Background. Illness perceptions have been shown to predict patient activities. Therefore, studies of the effectiveness of a targeted illness-perception intervention on chronic nonspecific low back pain (CLBP) are needed.
Objective. The purpose of this study was to compare the effectiveness of treatment of illness perceptions against a waiting list for patients with CLBP.
Design. This was a prospectively registered randomized controlled trial with an assessor blinded for group allocation.
Setting. The study was conducted in an outpatient rehabilitation clinic.
Participants. The participants were 156 patients (18-70 years of age) with CLBP (>3 months).
Intervention. Patients were randomly assigned to either a treatment group or to a waiting list (control) group. Trained physical therapists and occupational therapists delivered 10 to 14 one-hour treatment sessions according to the treatment protocol.

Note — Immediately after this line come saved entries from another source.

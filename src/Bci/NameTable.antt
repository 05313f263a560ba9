-- ===== src/Bci/NameTable.antt =====
-- src/bci/bci_nametab.c: the table of built-in classes, by their paths. A path is the address of its
-- pooled string; `none` stands for NULL and for the result -1. `wrap_at` is where the new wrapper is;
-- `room` is whether the node can be allocated.
use mathlib.Core.Option
use adam.Base.{
  ℕ, ◌*◌, ◌%◌, ◌^◌, ◌≡◌, refl, ◌∙◌, ap, Bool, true, false, ◌&&◌, Option, some, [], ◌==◌,
  if◌then◌else◌, arith, Bool-cases, inl, inr,
}
use adam.Base.Chains.{Chains, first_where, link, first_where-link}
use adam.AllocTable.{mh_multiply}
use adam.Object.{Wrap, BciClass}

pub record Node : Type 0 where
  pub clspath : ℕ
  pub def : Wrap

abbrev pub NameTable : Type 0
NameTable = Chains Node

-- `bci_nametab_init`
abbrev pub init : NameTable
init _ = []

unfoldable pub slot_of : ℕ → ℕ
slot_of path = let a = path % 2 ^ 32 in a * a % 2 ^ 32 * mh_multiply % 2 ^ 64 % 2 ^ 32 % 100007

unfoldable pub find : NameTable → ℕ → Option Node
unfolding first_where slot_of
find table path = first_where (λ n. n.clspath == path) (table (slot_of path))

unfoldable pub register_class : Bool → ℕ → ℕ → BciClass → NameTable → Bool × NameTable
unfolding link slot_of
register_class room wrap_at path def table =
    if room
    then (
      true,
      link (slot_of path)
          (record { clspath = path; def = record { at = wrap_at; path = path; class = def } })
          table,
    )
    else (false, table)

unfoldable pub get_class : NameTable → ℕ → Option Wrap
unfolding find
get_class table path = Option.map (λ n. n.def) (find table path)

abbrev wrapper : ℕ → ℕ → BciClass → Wrap
wrapper wrap_at path def = record { at = wrap_at; path = path; class = def }

meets : (path q : ℕ) → ((slot_of q == slot_of path) && (path == q)) ≡ (q == path)
meets path q = elim (Bool-cases (q == path)) [
  | inl y ↦ let same : q ≡ path = ground (arith, y) in rw same (ground arith)
  | inr n ↦ ground (arith, n)
]

map-if :
    (c : Bool) (x : Node) (o : Option Node)
    → Option.map (λ n. n.def) (if c then some x else o)
      ≡ (if c then some x.def else Option.map (λ n. n.def) o)
map-if true x o = refl
map-if false x o = refl

-- After a class is registered its path leads to it, also if the path led to another class before, and
-- every other path leads where it led.
get_class-register_class :
    (wrap_at path q : ℕ) (def : BciClass) (table : NameTable)
    → get_class (register_class true wrap_at path def table).1 q
      ≡ (if q == path then some (wrapper wrap_at path def) else get_class table q)
unfolding get_class register_class find
get_class-register_class wrap_at path q def table =
    let new : Node = record { clspath = path; def = wrapper wrap_at path def } in
    ap (Option.map (λ n. n.def)) (
      first_where-link (λ n. n.clspath == q) (slot_of path) (slot_of q) new table
      ∙ ap (λ (c : Bool). if c then some new else find table q) (meets path q))
    ∙ map-if (q == path) new (find table q)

Measurements.. The primary outcome measure was change in patient-relevant physical activities (Patient-Specific Complaints questionnaire). The secondary outcome measures were changes in illness perceptions (Illness Perceptions Questionnaire) and generic physical activity level (Quebec Back Pain Disability Scale). Measurements were taken at baseline (0 weeks) and after treatment (18 weeks).
Results. A baseline-adjusted analysis of covariance showed that there were statistically significant differences between intervention and control groups at 18 weeks for the change in patient-relevant physical activities. This was a clinically relevant change (19.1 mm) for the intervention group. Statistically significant differences were found for the majority of illness perception scales. There were no significant differences in generic physical activity levels.
Limitations. Longer-term effectiveness was not studied.
Conclusions. This first trial evaluating cognitive treatment of illness perceptions concerning CLBP showed statistically significant and clinically relevant improvements in patient-relevant physical activities at 18 weeks.